Nebojša Prtenjak

Personal information
- Full name: Nebojša Prtenjak
- Date of birth: 10 May 1983 (age 42)
- Place of birth: Čačak, SFR Yugoslavia
- Height: 1.80 m (5 ft 11 in)
- Position: Winger

Senior career*
- Years: Team / Apps / (Gls)
- 2001–2002: Mladost Lučani / 20 / (2)
- 2003–2006: Srem / 114 / (23)
- 2006–2007: Mladost Apatin / 6 / (0)
- 2007–2008: Mladost Lučani / 24 / (9)
- 2008–2011: Borac Čačak / 65 / (5)
- 2011: Sloboda Užice / 13 / (2)
- 2012: Taraz / 11 / (1)
- 2012: Mladost Lučani / 9 / (1)
- 2013: Voždovac / 11 / (0)
- 2013–2014: Čelik Nikšić / 21 / (2)
- 2014: Sloboda Užice / 12 / (1)
- 2015: Dečić
- 2015: Dragačevo Guča
- 2016: Miokovci
- 2017–2018: Dragačevo Guča

= Nebojša Prtenjak =

Serbian footballer

Nebojša Prtenjak (Небојша Пртењак; born 10 May 1983) is a Serbian professional footballer who plays as a winger.

==Career==
Born in Čačak, Prtenjak started out at Mladost Lučani, making his debut during the 2001–02 First League of FR Yugoslavia, as the club suffered relegation to the Second League. He later switched to fellow Second League club Srem in the 2002–03 winter transfer window. While playing at Stadion Promenada, Prtenjak was teammates with two future Serbia national team players, Branislav Ivanović and Igor Đurić. He later joined Mladost Apatin, making his Serbian SuperLiga debut in the competition's inaugural season.

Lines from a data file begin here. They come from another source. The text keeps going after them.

-- ===== src/Document/Visit/Once.antt =====
-- No element is met twice: the subtrees of two siblings share nothing.
use crdt_networking_applicat.Prelude.{
  ℕ, zero, suc, ◌≤◌, ◌<◌, ◌≡◌, refl, sym, ap, subst, ◌∙◌, ◌≢◌, ◌⊎◌, inl, inr, some, some-injective,
  List, [], ◌∷◌, ◌++◌, In, arith, Bool-cases, length,
}
use crdt_networking_applicat.Prelude.Maps.{lookup}
use crdt_networking_applicat.Ids.{ElementId, id_key, root_id}
use crdt_networking_applicat.Operation.{InsertOperation}
use crdt_networking_applicat.Document.{Document, list_at}
use crdt_networking_applicat.Document.Siblings.{Distinct, IsDescending-Distinct}
use crdt_networking_applicat.Document.History.{Holds}
use crdt_networking_applicat.Document.Visit.Fold.{is_visible, flat, visible, child_ranks}
use crdt_networking_applicat.Document.Visit.Members.{mem-append, mem-flat}
use crdt_networking_applicat.Document.Visit.Everyone.{everyone_from, everyone, shown, visible-shown}

-- `a` is `y` or stands above it.
data Above (d : Document) (a : ElementId) : ElementId → Type 0 where
  self : Above d a a
  up : {p y : ElementId} → Above d a p → lookup y d.parent_of ≡ some p → y ≢ root_id → Above d a y

Distinct-append :
    (xs ys : List ElementId)
    → Distinct xs
    → Distinct ys
    → ((x : ElementId) → In x xs → ¬ In x ys)
    → Distinct (xs ++ ys)
Distinct-append [] ys p q apart = q
Distinct-append (x ∷ xs) ys p q apart = (
  λ m. elim ((mem-append x xs ys).0 m) [ inl a ↦ p.0 a | inr b ↦ apart x (inl refl) b ],
  Distinct-append xs ys p.1 q (λ y m. apart y (inr m)),
)

shown-In : (d : Document) (x : ElementId) (xs : List ElementId) → In x (shown d xs) → In x xs
unfolding shown
shown-In d x [] m = m
shown-In d x (y ∷ ys) m = elim (Bool-cases (is_visible d y)) [
  | inl e ↦ elim (rw e at m) [ inl q ↦ inl q | inr n ↦ inr (shown-In d x ys n) ]
  | inr e ↦ inr (shown-In d x ys (rw e at m))
]

pub shown-Distinct : (d : Document) (xs : List ElementId) → Distinct xs → Distinct (shown d xs)
unfolding shown
shown-Distinct d [] p = tt
shown-Distinct d (x ∷ xs) p = elim (Bool-cases (is_visible d x)) [
  | inl e ↦ rw e ((λ m. p.0 (shown-In d x xs m)), shown-Distinct d xs p.1)
  | inr e ↦ rw e (shown-Distinct d xs p.1)
]

Distinct-flat :
    (f : ElementId → List ElementId) (xs : List ElementId)
    → Distinct xs
    → ((x : ElementId) → In x xs → Distinct (f x))
    → ((x z y : ElementId) → In x xs → In z xs → In y (f x) → In y (f z) → x ≡ z)
    → Distinct (flat f xs)
unfolding flat
Distinct-flat f [] p each apart = tt
Distinct-flat f (x ∷ xs) p each apart =
    Distinct-append (f x) (flat f xs) (each x (inl refl))
      (Distinct-flat f xs p.1 (λ y m. each y (inr m)) (λ a b y m n. apart a b y (inr m) (inr n)))
      (λ y m n.
        let (z, q, r) = (mem-flat y f xs).0 n in
        p.0 (subst (λ w. In w xs) (sym (apart x z y (inl refl) (inr q) m r)) q))

module _ {T : InsertOperation → Type 0} {R : ElementId → Type 0} {d : Document}
    (v : Holds T R d) where
  parent_below :
      (p y : ElementId) → lookup y d.parent_of ≡ some p → y ≢ root_id → v.rank p < v.rank y
  parent_below p y e n = (child_ranks v p y ((v.kin p y).1 (e, n))).1

  Above-rank : (a y : ElementId) → Above d a y → v.rank a ≤ v.rank y
  Above-rank a _ self = omega arith
  Above-rank a _ (up {p = p} {y = y} u e n) = omega (arith, Above-rank a p u, parent_below p y e n)

  -- Those above one element stand above one another.
  Above-linear : (a b y : ElementId) → Above d a y → Above d b y → Above d a b ⊎ Above d b a
  Above-linear a b _ self w = inr w
  Above-linear a b _ (up {p = p} u e n) w = linear_step a b _ p u e n w (Above-linear a b p u)
    where
      linear_step :
          (a b y p : ElementId)
          → Above d a p
          → lookup y d.parent_of ≡ some p
          → y ≢ root_id
          → Above d b y
          → (Above d b p → Above d a b ⊎ Above d b a)
          → Above d a b ⊎ Above d b a
      linear_step a b _ p u e n self rest = inl (up u e n)
      linear_step a b y p u e n (up {p = q} w e' n') rest =
          rest (subst (Above d b) (some-injective q p (sym e' ∙ e)) w)

  subtree-Above : (k : ℕ) (x y : ElementId) → In y (everyone_from k d x) → Above d x y
  unfolding everyone_from
  subtree-Above zero x y m = absurd m
  subtree-Above (suc k) x y (inl e) = subst (Above d x) (sym e) self
  subtree-Above (suc k) x y (inr there) =
      let (z, i, q) = (mem-flat y (everyone_from k d) (list_at (lookup x d.children))).0 there in
      let (e, n) = (v.kin x z).0 i in above_child x z y e n (subtree-Above k z y q)
    where
      above_child :
          (x z y : ElementId)
          → lookup z d.parent_of ≡ some x
          → z ≢ root_id
          → Above d z y
          → Above d x y
      above_child x z _ e n self = up self e n
      above_child x z _ e n (up {p = p} u q r) = up (above_child x z p e n u) q r

  -- Two siblings above one element are one.
  siblings_apart :
      (p x z y : ElementId)
      → In x (list_at (lookup p d.children))
      → In z (list_at (lookup p d.children))
      → Above d x y
      → Above d z y
      → x ≡ z
  siblings_apart p x z y m n a b = elim (Above-linear x z y a b) [
    | inl u ↦ sibling_above x z m n u
    | inr u ↦ sym (sibling_above z x n m u)
  ]
    where
      sibling_above :
          (x z : ElementId)
          → In x (list_at (lookup p d.children))
          → In z (list_at (lookup p d.children))
          → Above d x z
          → x ≡ z
      sibling_above x _ m n self = refl
      sibling_above x z m n (up {p = q} u e r) =
          let same : q ≡ p = some-injective q p (sym e ∙ ((v.kin p z).0 n).0) in
          absurd (omega (arith, Above-rank x q u, (child_ranks v p x m).1, ap v.rank same))

  subtree-Distinct : (k : ℕ) (x : ElementId) → Distinct (everyone_from k d x)
  unfolding everyone_from
  subtree-Distinct zero x = tt
  subtree-Distinct (suc k) x =
      let kids = list_at (lookup x d.children) in
      (
        λ m.
            let (z, i, q) = (mem-flat x (everyone_from k d) kids).0 m in
            omega (arith, Above-rank z x (subtree-Above k z x q), (child_ranks v x z i).1),
        Distinct-flat (everyone_from k d) kids (IsDescending-Distinct kids (v.descending x))
            (λ y m. subtree-Distinct k y)
            (λ a b y m n p q.
              siblings_apart x a b y m n (subtree-Above k a y p) (subtree-Above k b y q)),
      )

  -- No element stands twice in the tree.
  pub everyone-Distinct : Distinct (everyone d)
  everyone-Distinct = subtree-Distinct (length d.elements) root_id

  -- In a document that some history of operations leaves, the walk meets no element twice.
  pub visible-Distinct : Distinct (visible d)
  visible-Distinct =
      subst Distinct (sym (visible-shown d)) (shown-Distinct d (everyone d) everyone-Distinct)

In the summer of 2007, Prtenjak returned to his former club Mladost Lučani. He went on to have his best season ever in the 2007–08 Serbian SuperLiga, scoring nine goals in 24 appearances. When the club withdrew from the league due to financial problems, Prtenjak moved to local rivals Borac Čačak. He played for the club in two games against Ajax in the 2008–09 UEFA Cup and spent a total of three seasons with the Zebre.